Recently, I have observed leaf curling on such plants like Umbrossium and on some leafs of Hydrophila Polyperma. Together with my acquaintance we came to the conclusion that there was too much potassium. So I tested the water from my tank in the laboratory and it showed there is 27,2 ppm K - isn't it too much ? Previously I was dosing KNO3 and KH2PO4 to obtain 10 ppm NO3 and about 1 ppm PO4. Together with NO3 I was dosing K. Now I have got expected levels of NO3 and PO4 (10ppm and 1ppm respectively). NO3 was dosed in 5ppm doses for 4 days in a row (so, according to the fertilator dosing 5 ppm NO3 from KNO3 I added about 12 ppm K. Before KNO3 dosing was started it might have been about 15 ppm K). The problem is how to maintain 10ppm of NO3 without the K excess ? (as far as I know the recommended level of K is 10..20 ppm) Besides, we don't know how fast the postassium is eaten by plants (apart from NO3 and PO4 which can be easily measured my means of test kits). Of course it is possible to test K level in a laboratory more often but it would be too expensive and inconvenient. I thought about using CaNO3 as a source of NO3 (it would probably increase GH but no so much). So now I'm entangled in confusion....


----------



## hoppycalif (Apr 7, 2005)

I dose KNO3 and KH2PO4 too with no problems that I would consider a K surplus problem. In fact I have read that you can run K pretty high and it does no harm. Some people even dose K2SO4 (I think that is the compound) to increase K even more.


----------



## plantbrain (Jan 23, 2004)

You can view some past AGA contest winners who had over 100ppm of K+.

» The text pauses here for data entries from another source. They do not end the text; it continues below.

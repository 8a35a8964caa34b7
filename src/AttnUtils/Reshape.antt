-- ===== src/AttnUtils/Reshape.antt =====
-- `_reshape_kv_cache`: the layers' views of their buffers.
pub mod Order
use edmm.Prelude.{
  ℕ, zero, suc, ◌+◌, ◌*◌, ◌/◌, ◌%◌, String, List, [], ◌∷◌, ◌++◌, Option, none, some, Bool, true,
  false, if◌then◌else◌, ◌==◌, ltb, length, get_elem?, set, String_discrete, ◌&&◌,
}
use edmm.Prelude.Dict.{Dict, get, put, is_some}
use edmm.Prelude.Effect.{Outcome, ok, raised}
use edmm.Prelude.Partial.{◌>>=◌, or_raise}
use edmm.Gpu.{
  Exception, key_error, index_error, zero_division_error, not_implemented_error, assertion_error,
  value_error, plain,
}
use edmm.Torch.{Torch}
use edmm.AttnUtils.Config.{
  Vllm, AttentionSpec, MambaSpec, Kind, attention, mamba, other, GroupSpec, KvCacheGroup,
  KvCacheConfig, layer_spec,
}

-- A layer's cache: one tensor, or the states of a Mamba layer.
pub data KvCache (t : Torch) : Type 0 where
  tensor : t.Array → KvCache t
  states : List t.Array → KvCache t

-- `a // b`, which raises for b = 0.
unfoldable pub floordiv : ℕ → ℕ → Outcome Exception ℕ
floordiv a zero = raised zero_division_error
floordiv a (suc b) = ok (a / suc b)

-- `tuple(xs[i] for i in order)`
unfoldable pub pick : List ℕ → List ℕ → Outcome Exception (List ℕ)
pick xs [] = ok []
pick xs (i ∷ order) = do
  x ← or_raise (get_elem? xs i) index_error
  rest ← pick xs order
  ok (x ∷ rest)

-- `order.index(i)`, which raises a ValueError if there is none.
unfoldable pub index_of : List ℕ → ℕ → Option ℕ
index_of [] i = none
index_of (j ∷ order) i =
    let rest = index_of order i in
    if j == i then some 0 else elim rest [ none ↦ none | some k ↦ some (suc k) ]

-- `[order.index(i) for i in range(start, start + n)]`
unfoldable pub inverse_from : List ℕ → ℕ → ℕ → Outcome Exception (List ℕ)
unfolding index_of
inverse_from order zero start = ok []
inverse_from order (suc n) start = do
  x ← or_raise (index_of order start) (value_error (plain "tuple.index(x): x not in tuple"))
  rest ← inverse_from order n (suc start)
  ok (x ∷ rest)

-- `inv_order`
abbrev pub inverse : List ℕ → Outcome Exception (List ℕ)
inverse order = inverse_from order (length order) 0

-- `range(start, start + n)`
unfoldable pub range_from : ℕ → ℕ → List ℕ
range_from zero start = []
range_from (suc n) start = start ∷ range_from n (suc start)

module _ (t : Torch) (v : Vllm t) where
  -- `kv_cache_shape`: blocks are divided into kernel blocks, unless the blocks as stored differ.
  unfoldable pub cache_shape :
      AttentionSpec t → v.Backend → String → ℕ → Option ℕ → Outcome Exception (List ℕ)
  unfolding floordiv
  cache_shape spec backend cache_dtype num_blocks none = ok (
      v.get_kv_cache_shape backend num_blocks
        (if spec.storage_block_size == spec.block_size
          then spec.block_size
          else spec.storage_block_size)
        spec.num_kv_heads spec.head_size cache_dtype)
  cache_shape spec backend cache_dtype num_blocks (some kernel_block_size) = do
    factor ← floordiv spec.block_size kernel_block_size
    ok (
        v.get_kv_cache_shape backend (num_blocks * factor)
          (if spec.storage_block_size == spec.block_size
            then kernel_block_size
            else spec.storage_block_size)
          spec.num_kv_heads spec.head_size cache_dtype)

  -- `kv_cache_stride_order`, the identity if the backend has none.
  unfoldable pub stride_order : Option (List ℕ) → List ℕ → Outcome Exception (List ℕ)
  unfolding range_from
  stride_order none shape = ok (range_from (length shape) 0)
  stride_order (some order) shape =
      if length order == length shape
      then ok order
      else raised (assertion_error (plain "len(kv_cache_stride_order) == len(kv_cache_shape)"))

  -- `strides[inv_order[0]] = page_stride`
  unfoldable pub padded_strides : List ℕ → List ℕ → ℕ → Outcome Exception (List ℕ)
  padded_strides [] strides page_stride = raised index_error
  padded_strides (i ∷ inv_order) strides page_stride =
      if ltb i (length strides) then ok (set strides i page_stride) else raised index_error

  -- The view of the buffer in the order of the strides.
  unfoldable pub physical_view :
      AttentionSpec t → Option ℕ → List ℕ → List ℕ → t.Array → Outcome Exception t.Array
  unfolding floordiv padded_strides
  physical_view spec none shape inv_order kv_tensor = t.view shape kv_tensor
  physical_view spec (some padded) shape inv_order kv_tensor = do
    page_stride ← floordiv spec.page_size_bytes (v.get_dtype_size spec.dtype)
    strides ← padded_strides inv_order (t.empty_stride shape) page_stride
    t.as_strided shape strides none kv_tensor

  -- The branch of a layer with attention.
  unfoldable pub reshape_attention :
      AttentionSpec t → v.Backend → String → ℕ → Option ℕ → t.Array → Outcome Exception t.Array
  unfolding cache_shape stride_order pick inverse_from physical_view
  reshape_attention spec backend cache_dtype num_blocks kernel_block_size raw = do
    kv_cache_shape ← cache_shape spec backend cache_dtype num_blocks kernel_block_size
    order ← stride_order (v.get_kv_cache_stride_order backend) kv_cache_shape
    shape ← pick kv_cache_shape order
    inv_order ← inverse order
    kv_tensor ← t.view_dtype spec.dtype raw
    kv_cache ← physical_view spec spec.page_size_padded shape inv_order kv_tensor
    t.permute inv_order kv_cache

  -- The view of one state, from its offset in the page, and the offset of the next.
  unfoldable pub state_view :
      ℕ → List ℕ → t.Dtype → ℕ → ℕ → t.Array → List ℕ → ℕ → Outcome Exception (t.Array × ℕ)
  state_view num_blocks shape dtype dtype_size num_element_per_page raw [] storage_offset_bytes =
      raised index_error
  state_view num_blocks shape dtype dtype_size num_element_per_page raw (first ∷ stride)
        storage_offset_bytes =
      do
        typed ← t.view_dtype dtype raw
        state ←
            t.as_strided (num_blocks ∷ shape) (num_element_per_page ∷ stride)
              (some (storage_offset_bytes / dtype_size)) typed
        ok (state, storage_offset_bytes + first * dtype_size)

  -- `assert storage_offset_bytes % dtype_size == 0`
  abbrev aligned : ℕ → ℕ → Outcome Exception (Unit {0})
  aligned storage_offset_bytes dtype_size =
      if (storage_offset_bytes % dtype_size) == 0
      then ok tt
      else raised (assertion_error (plain "storage_offset_bytes % dtype_size == 0"))

  -- `for shape, dtype in zip(shapes, dtypes)`
  unfoldable pub reshape_mamba :
      ℕ → ℕ → List (List ℕ) → List t.Dtype → t.Array → ℕ → Outcome Exception (List t.Array)
  unfolding floordiv state_view
  reshape_mamba num_blocks page_size_bytes (shape ∷ shapes) (dtype ∷ dtypes) raw
        storage_offset_bytes =
      do
        let dtype_size = v.get_dtype_size dtype
        num_element_per_page ← floordiv page_size_bytes dtype_size
        _ ← aligned storage_offset_bytes dtype_size
        state ←
            state_view num_blocks shape dtype dtype_size num_element_per_page raw
              (t.empty_stride (num_blocks ∷ shape)) storage_offset_bytes
        rest ← reshape_mamba num_blocks page_size_bytes shapes dtypes raw state.1
        ok (state.0 ∷ rest)
  reshape_mamba num_blocks page_size_bytes _ _ raw storage_offset_bytes = ok []

  -- `kv_caches`, `has_attn` and `has_mamba`.
  pub record Reshaped : Type 0 where
    pub kv_caches : Dict String (KvCache t)
    pub has_attn : Bool
    pub has_mamba : Bool

  module _ (attn_backends : Dict String v.Backend) (cache_dtype : String) where
    -- The branches on the kind of specification, for a buffer of `num_blocks` pages.
    unfoldable pub reshape_layer :
        String → Option ℕ → t.Array → ℕ → Kind t → Reshaped → Outcome Exception Reshaped
    unfolding get put reshape_attention reshape_mamba
    reshape_layer layer_name kernel_block_size raw num_blocks (attention spec) s = do
      backend ← or_raise (get String_discrete layer_name attn_backends) key_error
      kv_cache ← reshape_attention spec backend cache_dtype num_blocks kernel_block_size raw
      ok (record s {
        kv_caches = put String_discrete layer_name (tensor kv_cache) s.kv_caches;
        has_attn = true;
      })
    reshape_layer layer_name kernel_block_size raw num_blocks (mamba spec) s = do
      state_tensors ← reshape_mamba num_blocks spec.page_size_bytes spec.shapes spec.dtypes raw 0
      ok (record s {
        kv_caches = put String_discrete layer_name (states state_tensors) s.kv_caches;
        has_mamba = true;
      })
    reshape_layer layer_name kernel_block_size raw num_blocks (other page) s =
        raised not_implemented_error

    abbrev page_size_bytes : Kind t → ℕ
    page_size_bytes (attention spec) = spec.page_size_bytes
    page_size_bytes (mamba spec) = spec.page_size_bytes
    page_size_bytes (other page) = page

    -- `assert kv_raw_tensor.numel() % page_size_bytes == 0`, and the number of pages.
    unfoldable pub whole_pages : ℕ → ℕ → Outcome Exception ℕ
    whole_pages numel zero = raised zero_division_error
    whole_pages numel (suc page) =
        if (numel % suc page) == 0
        then ok (numel / suc page)
        else raised (assertion_error (plain "kv_raw_tensor.numel() % page_size_bytes == 0"))

    -- One layer of a group: nothing, if it shares the cache of another.
    unfoldable pub reshape_one :
        Dict String t.Array
        → Dict String String
        → GroupSpec t v
        → Option ℕ
        → String
        → Reshaped
        → Outcome Exception Reshaped
    unfolding get reshape_layer whole_pages layer_spec
    reshape_one raw_tensors shared group_spec kernel_block_size layer_name s =
        if is_some (get String_discrete layer_name shared) then ok s else (do
          spec ← layer_spec t v group_spec layer_name
          raw ← or_raise (get String_discrete layer_name raw_tensors) key_error
          num_blocks ← whole_pages (t.numel raw) (page_size_bytes (v.kind spec))
          reshape_layer layer_name kernel_block_size raw num_blocks (v.kind spec) s)

    unfoldable pub reshape_names :
        Dict String t.Array
        → Dict String String
        → GroupSpec t v
        → Option ℕ
        → List String
        → Reshaped
        → Outcome Exception Reshaped
    unfolding reshape_one
    reshape_names raw_tensors shared group_spec kernel_block_size [] s = ok s
    reshape_names raw_tensors shared group_spec kernel_block_size (x ∷ xs) s = do
      next ← reshape_one raw_tensors shared group_spec kernel_block_size x s
      reshape_names raw_tensors shared group_spec kernel_block_size xs next

    -- `for kv_cache_group_id, kv_cache_group_spec in enumerate(kv_cache_groups)`
    unfoldable pub reshape_groups :
        Dict String t.Array
        → Dict String String
        → List ℕ
        → ℕ
        → List (KvCacheGroup t v)
        → Reshaped
        → Outcome Exception Reshaped
    unfolding reshape_names
    reshape_groups raw_tensors shared kernel_block_sizes group_id [] s = ok s
    reshape_groups raw_tensors shared kernel_block_sizes group_id (g ∷ gs) s = do
      next ←
          reshape_names raw_tensors shared g.kv_cache_spec (get_elem? kernel_block_sizes group_id)
            g.layer_names s
      reshape_groups raw_tensors shared kernel_block_sizes (suc group_id) gs next
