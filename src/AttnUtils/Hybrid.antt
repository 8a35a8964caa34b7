-- ===== src/AttnUtils/Hybrid.antt =====
-- `_update_hybrid_attention_layout`, the sharing of caches at the end of `_reshape_kv_cache`, and
-- `init_kv_cache`.
use edmm.Prelude.{
  ℕ, ◌*◌, String, List, [], ◌∷◌, Option, none, some, Bool, false, if◌then◌else◌, ◌==◌,
  String_discrete, ◌&&◌,
}
use edmm.Prelude.Dict.{Dict, get, put}
use edmm.Prelude.Effect.{Outcome, ok, raised, bind}
use edmm.Prelude.Partial.{◌>>=◌, or_raise}
use edmm.Gpu.{Exception, key_error, index_error, assertion_error, attribute_error, plain}
use edmm.Torch.{Torch, Step, prod, lift}
use edmm.AttnUtils.Config.{
  Vllm, AttnModule, Kind, attention, mamba, other, GroupSpec, KvCacheGroup, KvCacheConfig,
  layer_spec,
}
use edmm.AttnUtils.Layers.{get_shared_kv_cache_layers}
use edmm.AttnUtils.Raw
use edmm.AttnUtils.Reshape.{KvCache, tensor, states, Reshaped, reshape_groups}

-- The strides of keys and values that lie beside each other in a block.
abbrev pub hybrid_strides : ℕ → List ℕ → List ℕ
hybrid_strides hidden_size rest = hidden_size ∷ 2 * hidden_size ∷ rest

-- `stride[2:]`
abbrev from_third : List ℕ → List ℕ
from_third (x ∷ y ∷ zs) = zs
from_third _ = []

module _ (t : Torch) (v : Vllm t) where
  -- A cache whose shape starts with 2 gets the strides of the other layout.
  unfoldable pub relaid : t.Array → List ℕ → List ℕ → Outcome Exception t.Array
  unfolding prod
  relaid kv_cache [] stride = raised index_error
  relaid kv_cache (first ∷ []) stride = if first == 2 then raised index_error else ok kv_cache
  relaid kv_cache (first ∷ second ∷ rest) stride =
      if first == 2
      then (if second == 2
          then raised (assertion_error (plain "Cannot determine layout"))
          else t.as_strided (first ∷ second ∷ rest) (hybrid_strides (prod rest) (from_third stride))
              none kv_cache)
      else ok kv_cache

  -- The layer's cache in place, if it is a tensor; the states of a Mamba layer are no tensor.
  unfoldable pub update_cache :
      String → KvCache t → Dict String (KvCache t) → Outcome Exception (Dict String (KvCache t))
  unfolding relaid put
  update_cache layer_name (states xs) kv_caches = raised attribute_error
  update_cache layer_name (tensor kv_cache) kv_caches = do
    updated ← relaid kv_cache (t.shape kv_cache) (t.stride kv_cache)
    ok (put String_discrete layer_name (tensor updated) kv_caches)

  unfoldable pub update_kind :
      String
      → Kind t
      → KvCache t
      → Dict String (KvCache t)
      → Outcome Exception (Dict String (KvCache t))
  unfolding update_cache
  update_kind layer_name (attention spec) kv_cache kv_caches =
      update_cache layer_name kv_cache kv_caches
  update_kind layer_name (mamba spec) kv_cache kv_caches = ok kv_caches
  update_kind layer_name (other page) kv_cache kv_caches = ok kv_caches

  -- One layer of a group; a layer that shares a cache is not there yet.
  unfoldable pub update_layer :
      GroupSpec t v
      → String
      → Option (KvCache t)
      → Dict String (KvCache t)
      → Outcome Exception (Dict String (KvCache t))
  unfolding update_kind layer_spec
  update_layer group_spec layer_name none kv_caches = ok kv_caches
  update_layer group_spec layer_name (some kv_cache) kv_caches = do
    spec ← layer_spec t v group_spec layer_name
    update_kind layer_name (v.kind spec) kv_cache kv_caches

  unfoldable pub update_names :
      GroupSpec t v
      → List String
      → Dict String (KvCache t)
      → Outcome Exception (Dict String (KvCache t))
  unfolding update_layer get
  update_names group_spec [] kv_caches = ok kv_caches
  update_names group_spec (x ∷ xs) kv_caches = do
    next ← update_layer group_spec x (get String_discrete x kv_caches) kv_caches
    update_names group_spec xs next

  -- `_update_hybrid_attention_layout`
  unfoldable pub update_hybrid_attention_layout :
      List (KvCacheGroup t v)
      → Dict String (KvCache t)
      → Outcome Exception (Dict String (KvCache t))
  unfolding update_names
  update_hybrid_attention_layout [] kv_caches = ok kv_caches
  update_hybrid_attention_layout (g ∷ gs) kv_caches = do
    next ← update_names g.kv_cache_spec g.layer_names kv_caches
    update_hybrid_attention_layout gs next

  -- `for layer_name, target_layer_name in shared_kv_cache_layers.items()`
  unfoldable pub share_caches :
      Dict String String → Dict String (KvCache t) → Outcome Exception (Dict String (KvCache t))
  unfolding get put
  share_caches [] kv_caches = ok kv_caches
  share_caches ((layer_name, target_layer_name) ∷ shared) kv_caches = do
    kv_cache ← or_raise (get String_discrete target_layer_name kv_caches) key_error
    share_caches shared (put String_discrete layer_name kv_cache kv_caches)

  unfoldable pub hybrid_layout :
      List (KvCacheGroup t v) → Reshaped t v → Outcome Exception (Dict String (KvCache t))
  unfolding update_hybrid_attention_layout
  hybrid_layout groups s =
      if s.has_attn && s.has_mamba
      then update_hybrid_attention_layout groups s.kv_caches
      else ok s.kv_caches

  -- `_reshape_kv_cache`
  unfoldable pub reshape_kv_cache :
      KvCacheConfig t v
      → Dict String t.Array
      → Dict String v.Backend
      → String
      → List ℕ
      → Dict String String
      → Outcome Exception (Dict String (KvCache t))
  unfolding reshape_groups hybrid_layout share_caches
  reshape_kv_cache kv_cache_config raw_tensors attn_backends cache_dtype kernel_block_sizes shared =
      do
        s ←
            reshape_groups t v attn_backends cache_dtype raw_tensors shared kernel_block_sizes 0
              kv_cache_config.kv_cache_groups
              (record { kv_caches = []; has_attn = false; has_mamba = false })
        kv_caches ← hybrid_layout kv_cache_config.kv_cache_groups s
        share_caches shared kv_caches

  -- `init_kv_cache`, but for `bind_kv_cache` of vLLM, which is handed the result.
  unfoldable pub init_kv_cache :
      Bool
      → KvCacheConfig t v
      → Dict String v.Backend
      → t.Device
      → String
      → List ℕ
      → Dict String (AttnModule t v)
      → Step t (Dict String (KvCache t))
  unfolding Raw.allocate_kv_cache reshape_kv_cache get_shared_kv_cache_layers
  init_kv_cache edmm_enabled kv_cache_config attn_backends device cache_dtype kernel_block_sizes
        attention_layers w =
      let shared = get_shared_kv_cache_layers t v attention_layers in
      bind (Raw.allocate_kv_cache t v edmm_enabled kv_cache_config shared device w) (λ raw_tensors.
        lift t (
          reshape_kv_cache kv_cache_config raw_tensors attn_backends cache_dtype kernel_block_sizes
            shared))
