-- ===== src/AttnUtils/Metadata.antt =====
-- `build_slot_mappings_by_layer` and `build_attn_metadata`: what each layer is handed for a step.
pub mod ByLayer
use edmm.Prelude.{
  ℕ, zero, suc, String, List, [], ◌∷◌, Option, none, some, Bool, true, false, if◌then◌else◌, take,
  get_elem?, length,
}
use edmm.Prelude.Dict.{Dict}
use edmm.Prelude.Effect.{Outcome, ok, raised}
use edmm.Prelude.Partial.{◌>>=◌, or_raise}
use edmm.Gpu.{Exception, index_error}
use edmm.Torch.{Torch}
use edmm.AttnUtils.Config.{Vllm, KvCacheGroup}
use edmm.AttnUtils.Groups.{AttentionGroup}
use edmm.AttnUtils.Raw.{put_each}

module _ (t : Torch) (v : Vllm t) where
  -- `for slot_mapping, kv_cache_group in zip(slot_mappings, kv_cache_groups)`
  unfoldable pub add_slot_mappings :
      {A : Type 0} → List A → List (KvCacheGroup t v) → Dict String A → Dict String A
  unfolding put_each
  add_slot_mappings (slot_mapping ∷ slot_mappings) (g ∷ gs) by_layer =
      add_slot_mappings slot_mappings gs (put_each g.layer_names slot_mapping by_layer)
  add_slot_mappings _ _ by_layer = by_layer

  -- `build_slot_mappings_by_layer`
  unfoldable pub build_slot_mappings_by_layer :
      {A : Type 0} → List A → List (KvCacheGroup t v) → Dict String A
  unfolding add_slot_mappings
  build_slot_mappings_by_layer slot_mappings kv_cache_groups =
      add_slot_mappings slot_mappings kv_cache_groups []

-- `xs[:n]` of a tensor that may be missing.
abbrev pub take_some : ℕ → Option (List ℕ) → Option (List ℕ)
take_some n none = none
take_some n (some xs) = some (take n xs)

module _ (t : Torch) (v : Vllm t) where
  -- The builders of metadata and the model's own additions to it, which are vLLM's; `Value` are
  -- tensors that are only handed on.
  pub record Metadata : Type 1 where
    pub Value : Type 0
    pub Extra : Type 0
    pub no_extra : Extra
    pub Built : Type 0
    pub ModelSpecific : Type 0
    pub get_extra_common_attn_kwargs : ModelSpecific → ℕ → ℕ → Extra
    pub get_extra_attn_kwargs : ModelSpecific → AttentionGroup t v → ℕ → Extra

  module _ (d : Metadata) where
    -- `CommonAttentionMetadata`
    pub record Common : Type 0 where
      pub query_start_loc : d.Value
      pub query_start_loc_cpu : d.Value
      pub seq_lens : List ℕ
      pub seq_lens_cpu_upper_bound : Option (List ℕ)
      pub max_seq_len : ℕ
      pub num_reqs : ℕ
      pub num_actual_tokens : ℕ
      pub max_query_len : ℕ
      pub block_table_tensor : d.Value
      pub slot_mapping : d.Value
      pub causal : Bool
      pub dcp_local_seq_lens : Option (List ℕ)
      pub positions : Option d.Value
      pub extra : d.Extra

    -- `attn_group.get_metadata_builder(0)`: its two ways to build.
    pub record Building : Type 0 where
      pub build_for_cudagraph_capture : AttentionGroup t v → Common → d.Built
      -- `build(common_prefix_len=…, common_attn_metadata=…, **extra)`
      pub build : AttentionGroup t v → ℕ → Common → d.Extra → d.Built

    -- The arguments of `build_attn_metadata` beside the groups.
    pub record Inputs : Type 0 where
      pub num_reqs : ℕ
      pub num_tokens : ℕ
      pub query_start_loc_gpu : d.Value
      pub query_start_loc_cpu : d.Value
      pub max_query_len : ℕ
      pub seq_lens : List ℕ
      pub max_seq_len : ℕ
      pub block_tables : List d.Value
      pub slot_mappings : List d.Value
      pub seq_lens_cpu_upper_bound : Option (List ℕ)
      pub dcp_local_seq_lens : Option (List ℕ)
      pub positions : Option d.Value
      pub model_specific_attn_metadata : Option d.ModelSpecific
      pub for_cudagraph_capture : Bool

    unfoldable pub extra_common : Option d.ModelSpecific → ℕ → ℕ → d.Extra
    extra_common none i num_reqs = d.no_extra
    extra_common (some model) i num_reqs = d.get_extra_common_attn_kwargs model i num_reqs

    unfoldable pub extra_attn : Option d.ModelSpecific → AttentionGroup t v → ℕ → d.Extra
    extra_attn none group num_reqs = d.no_extra
    extra_attn (some model) group num_reqs = d.get_extra_attn_kwargs model group num_reqs

    -- The metadata that the attention groups of cache group `i` have in common.
    unfoldable pub common : Inputs → ℕ → d.Value → d.Value → Common
    unfolding extra_common
    common a i block_table slot_mapping = record {
      query_start_loc = a.query_start_loc_gpu;
      query_start_loc_cpu = a.query_start_loc_cpu;
      seq_lens = take a.num_reqs a.seq_lens;
      seq_lens_cpu_upper_bound = take_some a.num_reqs a.seq_lens_cpu_upper_bound;
      max_seq_len = a.max_seq_len;
      num_reqs = a.num_reqs;
      num_actual_tokens = a.num_tokens;
      max_query_len = a.max_query_len;
      block_table_tensor = block_table;
      slot_mapping = slot_mapping;
      causal = true;
      dcp_local_seq_lens = take_some a.num_reqs a.dcp_local_seq_lens;
      positions = a.positions;
      extra = extra_common a.model_specific_attn_metadata i a.num_reqs;
    }

    unfoldable pub build_group : Building → Inputs → AttentionGroup t v → Common → d.Built
    unfolding extra_attn
    build_group b a group shared =
        if a.for_cudagraph_capture
        then b.build_for_cudagraph_capture group shared
        else b.build group 0 shared (extra_attn a.model_specific_attn_metadata group a.num_reqs)

    -- `for attn_group in attn_groups[i]`
    unfoldable pub build_groups :
        Building
        → Inputs
        → Common
        → List (AttentionGroup t v)
        → Dict String d.Built
        → Dict String d.Built
    unfolding build_group put_each
    build_groups b a shared [] attn_metadata = attn_metadata
    build_groups b a shared (group ∷ groups) attn_metadata =
        build_groups b a shared groups
          (put_each group.layer_names (build_group b a group shared) attn_metadata)

    -- `for i in range(i, i + n)`
    unfoldable pub build_from :
        Building
        → Inputs
        → List (List (AttentionGroup t v))
        → ℕ
        → ℕ
        → Dict String d.Built
        → Outcome Exception (Dict String d.Built)
    unfolding common build_groups
    build_from b a attn_groups zero i attn_metadata = ok attn_metadata
    build_from b a attn_groups (suc n) i attn_metadata = do
      block_table ← or_raise (get_elem? a.block_tables i) index_error
      slot_mapping ← or_raise (get_elem? a.slot_mappings i) index_error
      groups ← or_raise (get_elem? attn_groups i) index_error
      build_from b a attn_groups n (suc i)
          (build_groups b a (common a i block_table slot_mapping) groups attn_metadata)

    -- `build_attn_metadata`
    unfoldable pub build_attn_metadata :
        Building
        → Inputs
        → List (List (AttentionGroup t v))
        → List (KvCacheGroup t v)
        → Outcome Exception (Dict String d.Built)
    unfolding build_from
    build_attn_metadata b a attn_groups kv_cache_groups =
        build_from b a attn_groups (length kv_cache_groups) 0 []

The normal recommendations vary but 20-30ppm has been used for about 10 years now in the USA, we have not noted any issues.

routinely I've dosed to 50ppm + without any issues related to any plant species (about 300 aquatic species).

also, you do not need to add K2SO4 if you use KNO3, the plants should always have plenty of K+ if you dose KNO3.

Regards, 
Tom Barr

www.BarrReport.com


----------



## kekon (Aug 1, 2005)

The more I know the worse is the plant growth... But the problem still remains: what is the cause of leafs curling ? Before I was dosing KNO3 I didn't have problems with Umbrossium and leafs curling. The problem appeared after increasing K dose (nothing else was changed).


----------



## plantbrain (Jan 23, 2004)

Mg perhaps, what is your GH?
What else do you add?
CO2/NO3/K+ you can rule out.

Adding some Gh boosters, perhaps a mix of CaCl2 and MgSO4 can help.
Water changes bring in sources of GH also.
Adding more traces also can help if the KH increased.

Regards, 
Tom Barr

www.BarrReport.com


----------



## kekon (Aug 1, 2005)

Well, now I have:

GH = 4
KH = 3
pH = 6.6
PO4 = 0.5..1 ppm (from KH2PO4)
NO3 = 7..10 ppm (from KNO3)
K = 27.2 ppm (tested in laboratory)
T = 24C

The RO water is prepared using commercial mixture (called "Hydro Mineral" and produced in Poland) consisting about 12 ppm Ca, 4 ppm Mg, 2 ppm K (using producer recommended doses). Ca comes from CaCO3, KH from NaHCO3, Mg probably from MgSO4. Some people who had the same problem with K argue they solved the problem after decreasing K level ("curling problems" were on decline) although I don't know what levels of K they had before and after the problem was solved. The only advantage of increasing NO3 and PO4 to 10 and 1 respectively is elimination of thread-like algae and making some plants to grow exactly upwards (for example, Rotalla Rotundifolia was growing sideways before NO3 and PO4 were increased)
Besides, I've got impression the total growth is worse


----------



## plantbrain (Jan 23, 2004)

Well, then you are left with doing water changes with that mix, are you sure you have the right amounts?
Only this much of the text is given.